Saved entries

################

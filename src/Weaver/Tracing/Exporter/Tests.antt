-- ===== src/Weaver/Tracing/Exporter/Tests.antt =====
-- An exporter that sends one trace, and one that is closed with two traces in its buffer.
use dash_fabric.Base.{ℕ, refl, List, false, [], ◌∷◌, some, arith}
use dash_fabric.Base.Int.{pos}
use dash_fabric.Weaver.Tracing.Exporter.{
  idle, ended, not_begun, returned, Exporter, new_exporter, Reach, here, onward, export, accept,
  receive, count,
}
use dash_fabric.Weaver.Tracing.Exporter.Laws.{Conserves, Reach-Conserves}
use dash_fabric.Weaver.Tracing.Exporter.Loss.{emptied, close_drops}

abbrev one_sent : Exporter ℕ
one_sent = record {
  buffer = [];
  worker = idle;
  exported_count = pos 1;
  stopped = false;
  stop_closed = false;
  entering = [];
  flagged = 0;
  closing = not_begun;
  accepted = 7 ∷ [];
  sent = 7 ∷ [];
  dropped = [];
}

sends_one : Reach new_exporter (some one_sent)
unfolding new_exporter
sends_one =
    onward
      (onward (onward (onward here (export 7 refl)) (accept [] 7 [] refl (omega arith)))
        (receive 7 [] refl refl))
      (count 7 refl)

Reach-Conserves_example : Conserves one_sent
Reach-Conserves_example = Reach-Conserves sends_one

abbrev two : List ℕ
two = 7 ∷ 8 ∷ []

close_drops_example : Reach new_exporter (some (emptied ended returned [] two two))
close_drops_example = close_drops two (omega arith)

################

◆ EXERCISE DIRECTIONS
Please output exactly the lines between the one holding "(receive 7 [] refl refl))" and the one holding "close_drops_example : Reach" in the records above, inclusive, and nothing more.

◆ REPLY
        (receive 7 [] refl refl))
      (count 7 refl)

Reach-Conserves_example : Conserves one_sent
Reach-Conserves_example = Reach-Conserves sends_one

abbrev two : List ℕ
two = 7 ∷ 8 ∷ []

close_drops_example : Reach new_exporter (some (emptied ended returned [] two two))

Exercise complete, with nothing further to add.